Blockaid estimated the total impact at more than $1M. The report treats token-unit releases as authoritative and does not assign a precise USD value because volatile token pricing and any post-release swaps were not fully reconstructed here.

Evidence

• Setup transaction: 0x2f44dc1b883522a88f9b0cbbdfabf9ec33884b69dd4326600c3fab7fb2277260 on Ethereum, block 25367938, status success, timestamp 2026-06-21 19:03:59 UTC.
• Release transaction: 0x017292a7de5fef52a3274e37dda5ace4c4d0cdafe91b7b4ac9c700f02fae35ee on Ethereum, block 25368853, status success, timestamp 2026-06-21 22:07:23 UTC.
• Release transaction: 0xb8befb015a67de8f40890b1f8667c597c3b66a52b388ec1c6cd28637fd65dd13 on Ethereum, block 25368908, status success, timestamp 2026-06-21 22:18:23 UTC.
• Attacker: 0x7506DeA0c38ca0B55364B22424374c5A1ae1B76a.
• Vulnerable proof/bridge path: Bridge proxy 0xd60247c6848b7ca29eddf63aa924e53db6ddd8ec, SignalService proxy 0x9e0a24964e5397b566c1ed39258e21ab5e35c77c, and SGX verifier contracts 0x08568df252ecf37d6c3efd24f6ca3688118697f1 / 0xa1018ba2e22139076f91da2a856b2cab22d968f6.
• Impacted custody component: ERC20Vault proxy 0x996282cA11E5DEb6B5D122CC3B9A1FcAAD4415Ab.
• Key on-chain fact: setup transaction logs show InstanceAdded for SGX instance IDs 5 and 6, then CheckpointSaved for Taiko block 1805600, then 10 MessageStatusChanged(..., RETRIABLE) events.
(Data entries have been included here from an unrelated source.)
-- ===== src/Token/Cut.antt =====
-- src/tokenizer/bpe.cpp: the literals in a text, and what `match_special` finds.
use libmlxforge.Common.{
  ℕ, ◌<◌, true, false, List, [], ◌∷◌, ◌++◌, Option, none, some, Bytes, length, drop, ◌≡◌, refl, sym,
  ◌∙◌, ap, subst, arith, Bool-cases, inl, inr, ◌⊎◌, ==_iff, append_assoc,
}
use libmlxforge.Token.Bpe.{BpeTokenizer, mem, starts_with, special_at, match_special, head_or}

-- `lit` with `id` stands in the list.
abbrev pub IsIn : Bytes → ℕ → List (Bytes × ℕ) → Type 0
IsIn lit id [] = ⊥
IsIn lit id ((l, i) ∷ m) = ((lit ≡ l) × (id ≡ i)) ⊎ IsIn lit id m

-- The text begins with `lit`.
abbrev pub Begins : Bytes → Bytes → Type 0
Begins lit text = (rest : Bytes) × (lit ++ rest ≡ text)

abbrev pub NoneHere : List (Bytes × ℕ) → Bytes → Type 0
NoneHere m text = (lit : Bytes) (id : ℕ) → IsIn lit id m → ¬ Begins lit text

-- No literal begins in `plain`, with `behind` behind it.
abbrev pub NoneIn : List (Bytes × ℕ) → Bytes → Bytes → Type 0
NoneIn m [] behind = Unit
NoneIn m (c ∷ plain) behind = NoneHere m (c ∷ (plain ++ behind)) × NoneIn m plain behind

-- `lit` with `id` is the first of the list that the text can begin with.
abbrev pub IsFirst : Bytes → Bytes → ℕ → List (Bytes × ℕ) → Type 0
IsFirst text lit id [] = ⊥
IsFirst text lit id ((l, i) ∷ m) =
    ((lit ≡ l) × (id ≡ i)) ⊎ ((¬ Begins l text) × IsFirst text lit id m)

-- No literal is empty, and the first byte of each is known.
pub record IsScannable (t : BpeTokenizer) : Type 0 where
  pub nonempty : (id : ℕ) → ¬ IsIn [] id t.special_tokens
  pub first :
      (c : ℕ) (lit : Bytes) (id : ℕ)
      → IsIn (c ∷ lit) id t.special_tokens
      → mem c t.special_first_bytes ≡ true

pub IsFirst-IsIn :
    (text lit : Bytes) (id : ℕ) (m : List (Bytes × ℕ)) → IsFirst text lit id m → IsIn lit id m
IsFirst-IsIn text lit id [] f = f
IsFirst-IsIn text lit id ((l, i) ∷ m) (inl f) = inl f
IsFirst-IsIn text lit id ((l, i) ∷ m) (inr (n, f)) = inr (IsFirst-IsIn text lit id m f)

starts_with-append : (lit rest : Bytes) → starts_with lit (lit ++ rest) ≡ true
starts_with-append [] rest = refl
starts_with-append (x ∷ lit) rest = ground (arith, starts_with-append lit rest)

not-Begins : (lit text : Bytes) → starts_with lit text ≡ false → ¬ Begins lit text
not-Begins lit text e (rest, w) =
    true_not_false (sym (starts_with-append lit rest) ∙ ap (starts_with lit) w ∙ e)
  where
    true_not_false : true ≡ false → ⊥
    true_not_false f = ground (arith, f)

starts_with_lem :
    (lit text : Bytes) → starts_with lit text ≡ true → lit ++ drop (length lit) text ≡ text
starts_with_lem [] text e = refl
starts_with_lem (x ∷ lit) [] e = ground arith
starts_with_lem (x ∷ lit) (c ∷ text) e =
    ap (λ z. z ∷ (lit ++ drop (length lit) text)) ((==_iff x c).0 (ground (arith, e)))
    ∙ ap (◌∷◌ c) (starts_with_lem lit text (ground (arith, e)))

pair_injective :
    (a b : Bytes) (i j : ℕ)
    → ◌≡◌ {A = Option (Bytes × ℕ)} (some (a, i)) (some (b, j))
    → (a ≡ b) × (i ≡ j)
pair_injective a b i j e = (cc, cc)

special_at_hit :
    (l text : Bytes) (i : ℕ) (m : List (Bytes × ℕ))
    → starts_with l text ≡ true
    → special_at ((l, i) ∷ m) text ≡ some (l, i)
unfolding special_at
special_at_hit l text i m h = rw (special_at, h) refl

special_at_miss :
    (l text : Bytes) (i : ℕ) (m : List (Bytes × ℕ))
    → starts_with l text ≡ false
    → special_at ((l, i) ∷ m) text ≡ special_at m text
unfolding special_at
special_at_miss l text i m h = rw (special_at, h) refl

special_at_lem :
    (m : List (Bytes × ℕ)) (text lit : Bytes) (id : ℕ)
    → special_at m text ≡ some (lit, id)
    → IsFirst text lit id m × (lit ++ drop (length lit) text ≡ text)
unfolding special_at
special_at_lem [] text lit id e = absurd (ground (arith, e))
special_at_lem ((l, i) ∷ m) text lit id e = elim (Bool-cases (starts_with l text)) [
  | inl h ↦
      let (p, q) = pair_injective l lit i id (sym (special_at_hit l text i m h) ∙ e) in
      (
        inl (sym p, sym q),
        subst (λ z. z ++ drop (length z) text ≡ text) p (starts_with_lem l text h),
      )
  | inr h ↦
      let (p, q) = special_at_lem m text lit id (sym (special_at_miss l text i m h) ∙ e) in
      (inr (not-Begins l text h, p), q)
]

entry_not_none : (e : Bytes × ℕ) → some e ≡ none → ⊥
entry_not_none e f = cc

special_at-none : (m : List (Bytes × ℕ)) (text : Bytes) → special_at m text ≡ none → NoneHere m text
unfolding special_at
special_at-none [] text e lit id i = absurd i
special_at-none ((l, k) ∷ m) text e lit id i = elim (Bool-cases (starts_with l text)) [
  | inl h ↦ absurd (entry_not_none (l, k) (sym (special_at_hit l text k m h) ∙ e))
  | inr h ↦ elim i [
    | inl (p, q) ↦ subst (λ z. ¬ Begins z text) (sym p) (not-Begins l text h)
    | inr j ↦ special_at-none m text (sym (special_at_miss l text k m h) ∙ e) lit id j
  ]
]

pub match_special_lem :
    (t : BpeTokenizer) (c : ℕ) (text lit : Bytes) (id : ℕ)
    → match_special t (c ∷ text) ≡ some (lit, id)
    → IsFirst (c ∷ text) lit id t.special_tokens × (lit ++ drop (length lit) (c ∷ text) ≡ c ∷ text)
unfolding match_special
match_special_lem t c text lit id e = elim (Bool-cases (mem c t.special_first_bytes)) [
  | inl h ↦ special_at_lem t.special_tokens (c ∷ text) lit id (ground (arith, h, e))
  | inr h ↦ absurd (ground (arith, h, e))
]

unknown_first :
    (t : BpeTokenizer) (c : ℕ) (text lit : Bytes) (id : ℕ)
    → IsScannable t
    → mem c t.special_first_bytes ≡ false
    → IsIn lit id t.special_tokens
    → ¬ Begins lit (c ∷ text)
unknown_first t c text [] id n h i b = n.nonempty id i
unknown_first t c text (x ∷ lit) id n h i (rest, w) =
    let same : x ≡ c = ap (head_or 0) w in
    ground (arith, h, subst (λ z. mem z t.special_first_bytes ≡ true) same (n.first x lit id i))

pub match_special-none :
    (t : BpeTokenizer) (c : ℕ) (text : Bytes)
    → IsScannable t
    → match_special t (c ∷ text) ≡ none
    → NoneHere t.special_tokens (c ∷ text)
unfolding match_special
match_special-none t c text n e = elim (Bool-cases (mem c t.special_first_bytes)) [
  | inl h ↦ special_at-none t.special_tokens (c ∷ text) (ground (arith, h, e))
  | inr h ↦ λ lit id i. unknown_first t c text lit id n h i
]

pub nonempty_length :
    (lit : Bytes) (id : ℕ) (t : BpeTokenizer)
    → IsScannable t
    → IsIn lit id t.special_tokens
    → 0 < length lit
nonempty_length [] id t n i = absurd (n.nonempty id i)
nonempty_length (x ∷ lit) id t n i = omega arith

pub NoneIn-snoc :
    (m : List (Bytes × ℕ)) (p : Bytes) (c : ℕ) (text : Bytes)
    → NoneIn m p (c ∷ text)
    → NoneHere m (c ∷ text)
    → NoneIn m (p ++ (c ∷ [])) text
NoneIn-snoc m [] c text a h = (h, tt)
NoneIn-snoc m (x ∷ p) c text a h = (
  subst (λ z. NoneHere m (x ∷ z)) (sym (append_assoc p (c ∷ []) text)) a.0,
  NoneIn-snoc m p c text a.1 h,
)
• Key on-chain fact: 0x017292... emitted USDC Transfer from ERC20Vault to the attacker for 649,761.236201 USDC and changed message hash 0x7f153b...831c9 to DONE.
• Key on-chain fact: 0xb8bef... changed message hash 0x855db4...82ef1 to DONE and the trace shows the Bridge sending 130 ETH to 0xA98035081fB739EbE9C8f80904668fb11438a846.
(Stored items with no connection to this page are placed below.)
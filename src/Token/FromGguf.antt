-- ===== src/Token/FromGguf.antt =====
-- src/tokenizer/bpe.cpp, `from_gguf`: the tables of the tokenizer from those of a model file. A throw
-- is the left side. Literals of one length, whose order `std::sort` leaves open, stay as they come.
use libmlxforge.Common.{
  ℕ, suc, Bool, true, false, not, ◌||◌, List, [], ◌∷◌, none, some, Bytes, length, get_elem?, leb,
  ◌==◌, if◌then◌else◌, ◌⊎◌, inl, inr,
}
use libmlxforge.Token.Bpe.{BpeTokenizer, bytes_eq}

pub data GgufError : Type 0 where
  unsupported_pre : GgufError
  no_tokens : GgufError

abbrev pub llama_bpe : Bytes
llama_bpe = b'l' ∷ b'l' ∷ b'a' ∷ b'm' ∷ b'a' ∷ b'-' ∷ b'b' ∷ b'p' ∷ b'e' ∷ []

abbrev pub llama3 : Bytes
llama3 = b'l' ∷ b'l' ∷ b'a' ∷ b'm' ∷ b'a' ∷ b'3' ∷ []

abbrev pub gpt2 : Bytes
gpt2 = b'g' ∷ b'p' ∷ b't' ∷ b'2' ∷ []

abbrev pub qwen2 : Bytes
qwen2 = b'q' ∷ b'w' ∷ b'e' ∷ b'n' ∷ b'2' ∷ []

-- The type of id `n`: of a short list, 1.
unfoldable pub token_type : List ℕ → ℕ → ℕ
token_type types n = elim (get_elem? types n) [ none ↦ 1 | some k ↦ k ]

abbrev pub is_special_type : ℕ → Bool
is_special_type k = k == 3 || k == 4

-- The loop over the tokens, from id `n` on.
unfoldable pub number_tokens : ℕ → List Bytes → List (Bytes × ℕ)
number_tokens n [] = []
number_tokens n (tok ∷ l) = (tok, n) ∷ number_tokens (suc n) l

unfoldable pub specials_from : List ℕ → ℕ → List Bytes → List (Bytes × ℕ)
unfolding token_type
specials_from types n [] = []
specials_from types n (tok ∷ l) =
    let rest = specials_from types (suc n) l in
    if is_special_type (token_type types n) then (tok, n) ∷ rest else rest

unfoldable pub ids_in : List (Bytes × ℕ) → List ℕ
ids_in [] = []
ids_in ((tok, n) ∷ m) = n ∷ ids_in m

unfoldable pub first_bytes : List (Bytes × ℕ) → List ℕ
first_bytes [] = []
first_bytes (([], n) ∷ m) = first_bytes m
first_bytes ((c ∷ tok, n) ∷ m) = c ∷ first_bytes m

-- Longest literal first.
unfoldable pub insert_longest : Bytes × ℕ → List (Bytes × ℕ) → List (Bytes × ℕ)
insert_longest e [] = e ∷ []
insert_longest e (x ∷ m) =
    let later = x ∷ insert_longest e m in if leb (length x.0) (length e.0) then e ∷ x ∷ m else later

unfoldable pub sort_longest : List (Bytes × ℕ) → List (Bytes × ℕ)
unfolding insert_longest
sort_longest [] = []
sort_longest (e ∷ m) = insert_longest e (sort_longest m)

-- The pretokenizers that are supported.
abbrev pub is_known : Bytes → Bool
is_known pre =
    bytes_eq pre llama_bpe || bytes_eq pre llama3 || bytes_eq pre gpt2 || bytes_eq pre qwen2

abbrev is_empty : List Bytes → Bool
is_empty [] = true
is_empty (x ∷ l) = false

unfoldable pub from_gguf : List Bytes → List Bytes → List ℕ → Bytes → GgufError ⊎ BpeTokenizer
unfolding number_tokens specials_from ids_in first_bytes sort_longest
from_gguf tokens merges types pre =
    let specials = specials_from types 0 tokens in
    if not (is_known pre)
    then inl GgufError.unsupported_pre
    else if is_empty tokens
    then inl GgufError.no_tokens
    else inr (record {
      digit_run_max = if bytes_eq pre llama_bpe || bytes_eq pre llama3 then 3 else 1;
      token_to_id = number_tokens 0 tokens;
      id_to_token = tokens;
      merge_ranks = number_tokens 0 merges;
      special_ids = ids_in specials;
      special_tokens = sort_longest specials;
      special_first_bytes = first_bytes specials;
    })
• Key source-chain check: Taiko RPC log queries around proof block 1805600 and 1806100 returned no MessageSent logs from 0x1670000000000000000000000000000000000001 for sampled forged message hashes 0x7f153b...831c9 and 0x855db4...82ef1.

Remediation

• Invalidate fraudulent checkpoints and cached received-signal slots, and revoke or quarantine the SGX instance IDs used in the setup transaction.
• Add an effective challenge/finality delay between SGX instance registration, checkpoint acceptance, and high-value bridge message processing; INSTANCE_VALIDITY_DELAY = 0 makes same-transaction registration-to-withdrawal possible.
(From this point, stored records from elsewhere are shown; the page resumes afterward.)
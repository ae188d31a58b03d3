-- ===== src/Token/Numbers.antt =====
-- src/tokenizer/bpe.cpp, `from_gguf`: the ids of tokens and the ranks of merges.
use libmlxforge.Common.{
  ℕ, zero, suc, ◌+◌, ◌≤◌, List, [], ◌∷◌, some, Bytes, get_elem?, ◌≡◌, refl, sym, ◌∙◌, ap, arith,
  Bool-cases, inl, inr,
}
use libmlxforge.Token.Bpe.{bytes_eq, lookup}
use libmlxforge.Token.FromGguf.{number_tokens}
use libmlxforge.Token.Merge.{bytes_eq_sound, bytes_eq_same}

some_nat : (a b : ℕ) → some a ≡ some b → a ≡ b
some_nat a b e = cc

-- A lookup gives an id whose token it is.
pub lookup-number_tokens :
    (n : ℕ) (l : List Bytes) (s : Bytes) (id : ℕ)
    → lookup s (number_tokens n l) ≡ some id
    → (k : ℕ) × (id ≡ n + k) × (get_elem? l k ≡ some s)
unfolding lookup number_tokens
lookup-number_tokens n [] s id e = absurd (ground (arith, e))
lookup-number_tokens n (tok ∷ l) s id e = elim (Bool-cases (bytes_eq tok s)) [
  | inl h ↦
      (0, omega (arith, some_nat n id (sym (rw h refl) ∙ e)), ap some (bytes_eq_sound tok s h))
  | inr h ↦
      let (k, d, g) = lookup-number_tokens (suc n) l s id (sym (rw h refl) ∙ e) in
      (suc k, omega (arith, d), g)
]

-- An entry of the list is found under its own name, with the number of the first such entry.
number_tokens-lookup :
    (n k : ℕ) (l : List Bytes) (s : Bytes)
    → get_elem? l k ≡ some s
    → (id : ℕ) × (lookup s (number_tokens n l) ≡ some id) × (id ≤ n + k)
unfolding lookup number_tokens
number_tokens-lookup n k [] s e = absurd (ground (arith, e))
number_tokens-lookup n zero (tok ∷ l) s e =
    let same : tok ≡ s = cc in (n, rw (lookup, bytes_eq_same tok s same) refl, omega arith)
number_tokens-lookup n (suc k) (tok ∷ l) s e = elim (Bool-cases (bytes_eq tok s)) [
  | inl h ↦ (n, rw (lookup, h) refl, omega arith)
  | inr h ↦
      let (id, f, g) = number_tokens-lookup (suc n) k l s e in
      (id, rw (lookup, h) f, omega (arith, g))
]

-- The table has the entries of the list under their numbers, the first of those that are the same.
pub record Numbers (m : List (Bytes × ℕ)) (l : List Bytes) : Type 0 where
  pub sound : (s : Bytes) (n : ℕ) → lookup s m ≡ some n → get_elem? l n ≡ some s
  pub complete :
      (s : Bytes) (k : ℕ) → get_elem? l k ≡ some s → (n : ℕ) × (lookup s m ≡ some n) × (n ≤ k)

pub number_tokens-Numbers : (l : List Bytes) → Numbers (number_tokens 0 l) l
number_tokens-Numbers l = record {
  sound = λ s id h.
      let (k, d, g) = lookup-number_tokens 0 l s id h in ap (get_elem? l) (omega (arith, d)) ∙ g;
  complete = λ s k e. let (id, f, g) = number_tokens-lookup 0 k l s e in (id, f, omega (arith, g));
}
• Require multi-prover or committee quorum for checkpoint roots that can unlock L1 custody, rather than accepting a single freshly registered SGX path for immediate withdrawals.
• Enforce source-message authenticity at the Bridge layer by requiring a canonical source-chain checkpoint with independent finality guarantees; a storage proof under a newly accepted root should not be enough to unlock custody.
• Add monitoring and circuit breakers for the sequence registerInstance -> saveCheckpoint -> processMessage/retryMessage, especially when the messages release ERC20Vault funds or ETH above configured thresholds.